**Your task**.
Among the lines below, take the one holding "-- - Detection/Login: evaluate_rules", the one holding "are an argument.", and all lines between them. Set them down exactly.

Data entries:
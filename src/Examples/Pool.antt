-- ===== src/Examples/Pool.antt =====
-- A pool of two workers that is stopped while one of them waits.
use fx_quotes.Prelude.{
  some, none, ◌+◌, ◌*◌, ◌≤◌, ◌≡◌, refl, ◌⊎◌, Bool, true, false, List, [], ◌∷◌, ok, err, arith, min,
  max, length, All,
}
use fx_quotes.Usecase.Commands.{no_work}
use fx_quotes.Usecase.Retry.{second, minute}
use fx_quotes.Usecase.Service.{store_error}
use fx_quotes.Pool.{
  Pool, after_recover, notify, notify_times, after_process, Worker, heading, processing, returned,
  idling, starting, checking, pausing, done, System, ask, answer, idle_stopped, here, Step, work,
  entered_early, started, launched, recovery_stopped, cancels,
}
use fx_quotes.Pool.Delays.{after_recover_bounds}
use fx_quotes.Pool.Drain.{Course, stays, steps, meets, called}
use fx_quotes.Pool.Stop.{course_bounds, drain_terminates, drain_moves}
use fx_quotes.Pool.GoError.{GoError, plain, wraps, links, any_link, first_state, root, reword}
use fx_quotes.Pool.Log.{
  error_fields, failure_fields, error_kind, state_field, valid_state, all_state_codes,
}
use fx_quotes.Pool.Log.Fields.{IsLogged, error_fields-IsLogged}
use fx_quotes.Text.{codes, byte_length}
use fx_quotes.Examples.Postgres.{waiting_update}

abbrev pool : Pool
pool = record {
  concurrency = 2;
  lease_duration = 15 * second;
  poll_interval = second;
  recovery_interval = minute;
  error_delay = second;
}

after_recover_bounds_example :
    let (delay, tokens) = after_recover pool false (ok (waiting_update ∷ [])) 1 in
    (min pool.poll_interval pool.recovery_interval ≤ delay)
    × (delay ≤ max pool.recovery_interval pool.error_delay)
    × (1 ≤ tokens)
    × (tokens ≤ pool.concurrency)
after_recover_bounds_example =
    after_recover_bounds pool false (ok (waiting_update ∷ [])) 1 (omega arith)

abbrev at : Bool → List Worker → System
at cancelled ws = record {
  cancelled = cancelled;
  tokens = 0;
  recovery = pausing minute;
  workers = ws;
}

-- The first worker has asked and found no work when the context ends.
abbrev paused : System
paused = at true (idling second ∷ heading ∷ [])

first_pass :
    Step pool
      (record { cancelled = false; tokens = 0; recovery = starting; workers = [] })
      (record { cancelled = false; tokens = 0; recovery = checking minute; workers = [] })
unfolding after_recover notify_times notify
first_pass = started false 0 (ok [])

first_answer :
    Step pool (at false (processing ∷ heading ∷ [])) (at false (idling second ∷ heading ∷ []))
unfolding after_process
first_answer =
    work false 0 0 (pausing minute) _ _
      (here 0 0 processing _ (heading ∷ []) (answer 0 (err (store_error no_work))))

reached : Course pool 5 (called false 0) paused
reached = steps 4 _ _ _ (entered_early 0) (
    steps 3 _ _ _ first_pass (
      steps 2 _ _ _ (launched 0 minute) (
        steps 1 _ (at false (processing ∷ heading ∷ [])) _
          (work false 0 0 (pausing minute) _ _
            (here 0 0 heading processing (heading ∷ []) (ask 0 refl)))
          (steps 0 _ _ _ first_answer
            (meets 0 _ paused _ (cancels false 0 (pausing minute) _) (stays paused))))))

-- That worker and the recovery stop.
stopped :
    Course pool 2 paused
      (record { cancelled = true; tokens = 0; recovery = done; workers = returned ∷ heading ∷ [] })
stopped =
    steps 1 _ (at true (returned ∷ heading ∷ [])) _
      (work true 0 0 (pausing minute) _ _
        (here 0 0 (idling second) returned (heading ∷ []) (idle_stopped 0 second refl)))
      (steps 0 _ _ _ (recovery_stopped 0 minute _) (stays _))

course_bounds_example :
    (paused.tokens ≤ pool.concurrency) × (length paused.workers ≤ pool.concurrency)
course_bounds_example = course_bounds pool 5 0 false paused (omega arith) reached

drain_terminates_example : 2 ≤ 2 * pool.concurrency + 2
drain_terminates_example =
    drain_terminates pool 5 2 0 false paused
      (record { cancelled = true; tokens = 0; recovery = done; workers = returned ∷ heading ∷ [] })
      (omega arith) reached refl stopped

drain_moves_example :
    ((paused.recovery ≡ done) × All (λ w. w ≡ returned) paused.workers)
    ⊎ ((s' : System) × Step pool paused s')
drain_moves_example = drain_moves pool 5 0 false paused (omega arith) reached refl

abbrev refusal : GoError
refusal = plain (record {
  text = codes "password authentication failed for user quotes";
  type_name = codes "*pgconn.PgError";
  is_deadline = false;
  is_canceled = false;
  sql_state = some (codes "28P01");
})

abbrev refused_connection : GoError
refused_connection =
    wraps
      (record {
        text = codes "claim: password authentication failed for user quotes";
        type_name = codes "*fmt.wrapError";
        is_deadline = false;
        is_canceled = false;
        sql_state = none;
      })
      refusal

refused_fields :
    error_fields refused_connection
    ≡ (codes "outcome", codes "error")
      ∷ (codes "error_kind", codes "internal")
      ∷ (codes "error_type", codes "*pgconn.PgError")
      ∷ (codes "sqlstate", codes "28P01")
      ∷ []
unfolding error_fields error_kind state_field valid_state all_state_codes links any_link first_state
    root byte_length
refused_fields = refl

error_fields-IsLogged_example :
    IsLogged refused_connection
      (error_fields refused_connection)
      (failure_fields refused_connection)
    × (error_fields (reword (λ t. []) refused_connection) ≡ error_fields refused_connection)
    × (failure_fields (reword (λ t. []) refused_connection) ≡ failure_fields refused_connection)
error_fields-IsLogged_example = error_fields-IsLogged refused_connection (λ t. [])
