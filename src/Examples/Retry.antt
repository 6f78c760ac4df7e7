-- ===== src/Examples/Retry.antt =====
-- The retry policy of the application at its third attempt.
use fx_quotes.Prelude.{◌-◌, ◌*◌, ◌/◌, ◌^◌, ◌≤◌, ℕ, ◌<◌, ◌≡◌, arith, min, max}
use fx_quotes.Prelude.Int.{pos}
use fx_quotes.Text.{codes}
use fx_quotes.Usecase.Retry.{
  RetryPolicy, second, minute, positive_or, grow_int64, backoff_of, delay,
}
use fx_quotes.Usecase.Retry.Backoff.{grow_int64-pow, delay_bounds}

abbrev app_policy : RetryPolicy
app_policy = record { initial = pos second; maximum = pos minute }

-- The largest duration there is.
abbrev longest : ℕ
longest = 0x7fff_ffff_ffff_ffff

abbrev long_policy : RetryPolicy
long_policy = record { initial = pos second; maximum = pos longest }

longest-fits : positive_or (pos longest) minute < 2 ^ 63
unfolding positive_or
longest-fits = omega arith

grow_int64-pow_example :
    let initial = positive_or (pos second) second in
    let maximum = positive_or (pos longest) minute in
    let backoff = grow_int64 (60 - 1) maximum (min initial maximum) in
    (backoff ≡ min maximum (min initial maximum * 2 ^ (60 - 1)))
    × (backoff ≡ backoff_of long_policy 60)
grow_int64-pow_example = grow_int64-pow long_policy 60 longest-fits

delay_bounds_example :
    let d = delay app_policy (codes "0b1c") 3 (pos 7) in
    (1 ≤ d)
    × (d ≤ positive_or (pos minute) minute)
    × (backoff_of app_policy 3 / 2 ≤ d)
    × (min (positive_or (pos minute) minute) 7 ≤ d)
    × (d ≤ max (backoff_of app_policy 3) 7)
delay_bounds_example = delay_bounds app_policy (codes "0b1c") 3 (pos 7)
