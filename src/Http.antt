-- ===== src/Http.antt =====
-- internal/adapter/httpapi. What the standard library parses and prints for the handlers is an
-- argument (`Library`), and so are the service, the notifier and the readiness check (`Handler`).
pub mod Request
pub mod Response
pub mod Dto
pub mod Router
pub mod Handler
pub mod Middleware
pub mod Admission
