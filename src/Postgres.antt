-- ===== src/Postgres.antt =====
-- internal/adapter/postgres.
pub mod Schema
pub mod Tx
pub mod Select
pub mod Row
pub mod Queue
pub mod Store
pub mod Steps
pub mod Effect
pub mod Evolution
pub mod Invariant
pub mod Lifecycle
pub mod Fencing
pub mod Latest
pub mod Worker
pub mod Claim
pub mod Idempotency
pub mod UpdateId
pub mod Migrate
pub mod ReadBack
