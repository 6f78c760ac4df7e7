-- ===== src/Usecase.antt =====
-- internal/usecase/quote.
pub mod Commands
pub mod Retry
pub mod Service
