-- ===== src/Lib.antt =====
-- InfraRed: the core of the backend's pipeline from signals to responses.
--
-- A worker detects signals in the events of agents and web servers. The correlation worker tracks the
-- kill chain of a source, drops duplicates, matches named attack scenarios, scores the detection, builds
-- an incident and saves it or merges it into an active one, and tells the LLM worker. From the advice of
-- the language model and the tenant's policy the auto-response engine watches, denies or blocks an
-- address, or asks for approval. Messages that fail are retried and end in a stream of dead letters.
-- Isolated servers have a dead man switch. The agent on a server sends the lines of its
-- logs, watches its clock, blocks addresses in its firewall for a time and puts keys of SSH into
-- authorized_keys for a time; a watchdog watches the agent. The API limits requests, caches the settings
-- of the rules and checks tokens, revocations and roles.
--
-- The files, and the code that they model:
-- - Prelude and its children: lists, texts, integers, Boolean tests, Python's truth values and methods
--   of texts. Text case is that of ASCII.
-- - Constants: backend/app/common/constants.py.
-- - Redis: the commands that the backend uses, as a record of operations and laws, and in
--   Redis/Sorted.antt those on sorted sets; Redis/Instance.antt and Redis/Ranks.antt are a server that
--   meets them. Redis/Hash.antt has the commands on hashes and a server of its own. Every theorem over
--   Redis holds for any such server. Times are whole seconds on one clock.
-- - Detection/Confidence: calculate_detection_confidence of backend/app/workers/detection/confidence.py,
--   in whole thousandths.
-- - Detection/Hours: the off-hours of rule AUTH-006, of backend/app/workers/detection/rules.py.
-- - Detection/Login: evaluate_rules of backend/app/workers/detection/rules.py, the rules AUTH-001 to
--   AUTH-007, with the known addresses of backend/app/db/repositories.py and the keys of
--   backend/app/redis_kv/keys.py. Scores are the microseconds of an event; the clock of Redis is an
--   argument. Login/Marker.antt is about the markers that AUTH-001 and AUTH-003 leave for AUTH-004. The
--   GeoIP database is a parameter, and the settings of the rules are an argument.
-- - Detection/Intake: the envelopes of agents and the two parsers of backend/app/workers/detection/parser.py
--   and nginx_parser.py; Intake/AgentRules.antt is agent_event_rules.py, and Intake/Process.antt is
--   process_payload of worker.py, whose state is Redis, the tables and the stream of matched signals. What
--   the patterns of re find in a line is a parameter.
-- - Detection/Web: backend/app/workers/detection/web_rules.py. Whether a pattern finds something in a text
--   is a parameter; the paths of the honeypot are modelled.
-- - Detection/Settings: get_rule_settings of backend/app/workers/detection/rule_settings.py, and the cache
--   of backend/app/ingestion/settings_routes.py that it reads, over the hashes of Redis/Hash.antt.
-- - Gateway/RateLimit: backend/app/middleware/rate_limit.py, in whole milliseconds. RateLimit/Window.antt
--   has the limiter that RateLimit/Refine.antt compares it with: a plain log of the times of admissions.
-- - Correlation/Builder: backend/app/workers/correlation/builder.py, with the fields that it reads of
--   backend/app/models/signal.py and incident.py.
-- - Correlation/Chain: backend/app/workers/correlation/attack_chain.py. Chain.antt has the stages and
--   the matcher, Chain/Scenarios.antt the table and the index by rules. A list index out of range is
--   none; Chain/Total.antt is about that.
-- - Correlation/Merge, Correlation/Tables and Correlation/Store: the helpers that merge two incidents, the
--   tables with _insert_incident_evidence, and save_or_merge_incident of backend/app/db/repositories.py.
--   Tables are lists of rows; a call that raises leaves them as they are. The cast to INET is a
--   parameter.
-- - Correlation/Worker: _track_kill_chain, _check_incident_dedup and process_enriched of
--   backend/app/workers/correlation/worker.py. A call that raises, also at XADD behind a save, gives no
--   result, and the state that it leaves. _handle is in Pipeline/Dlq/Lost.antt.
-- - Response/Actions: backend/app/autoresponse/actions.py.
-- - Response/Address, Response/Policy and Response/Engine: the guards, the policies with the matrix of
--   version 3, and run_autoresponse of backend/app/autoresponse/engine.py. The parser of addresses is a
--   parameter.
-- - Iam/Roles: backend/app/iam/rbac_v2.py.
-- - Iam/Tokens: backend/app/iam/token_revocation.py, and verify_token and the two gates of
--   backend/app/iam/security.py. The library that decodes tokens is a parameter.
-- - Pipeline/Dlq: backend/app/workers/dlq.py. The handler of a message is a function on a world that is
--   a parameter; what XAUTOCLAIM hands over is an argument. The stream of dead letters is trimmed to about
--   10,000 entries; how many of the oldest Redis drops beyond that is a field of the queue.
-- - Pipeline/Deadman: backend/app/workers/deadman/switch.py.
-- - Agent/Ntp: NTPMonitor of agent/infrared_agent/ntp_monitor.py, in whole milliseconds. The exchange
--   with a server is a parameter; the texts and times of the events are left out.
-- - Agent/JitSsh: agent/infrared_agent/jit_ssh.py. A file is the list of its lines as they are read,
--   each with its end; the validation of base64 and the text of a time are parameters.
-- - Agent/Commander: _block_ip, _unblock_ip and a round of ttl_expiry_loop of
--   agent/infrared_agent/commander.py. A rule has its source and its comment; whether iptables carries out a
--   command is an argument of each call, and a deletion only takes a rule with the same comment.
-- - Agent/Tailer: agent/infrared_agent/tailer.py, offset_store.py and _send_log_events of main.py, on files
--   of bytes. Whether the backend takes a line is an argument.
-- - Agent/Watchdog: agent/infrared_agent/watchdog.py, in whole milliseconds. What it finds of the process
--   and of the files is an argument of each round.
-- - Tests: runs at concrete inputs.
--
-- Every loop of the modelled code runs over a list or a text and is a recursion on it; only the printing of a
-- number counts down fuel, one more than the number, which is enough as each step divides by ten.
--
-- Not modelled: alerts, server-sent events, logs and metrics, which are output and whose failures the
-- code ignores; the endless loops of the workers, of which only a turn is modelled; interleavings of two
-- workers, except for two requests that overlap in the limiter; failures of Redis other than those of the
-- revocation checks, of the limiter and of the message on an incident; the trimming of streams other than
-- that of the dead letters.
pub mod Prelude
pub mod Constants
pub mod Redis
pub mod Detection
pub mod Correlation
pub mod Response
pub mod Iam
pub mod Gateway
pub mod Pipeline
pub mod Agent
pub mod Tests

**Task solution**.
-- - Detection/Login: evaluate_rules of backend/app/workers/detection/rules.py, the rules AUTH-001 to
--   AUTH-007, with the known addresses of backend/app/db/repositories.py and the keys of
--   backend/app/redis_kv/keys.py. Scores are the microseconds of an event; the clock of Redis is an
--   argument. Login/Marker.antt is about the markers that AUTH-001 and AUTH-003 leave for AUTH-004. The
--   GeoIP database is a parameter, and the settings of the rules are an argument.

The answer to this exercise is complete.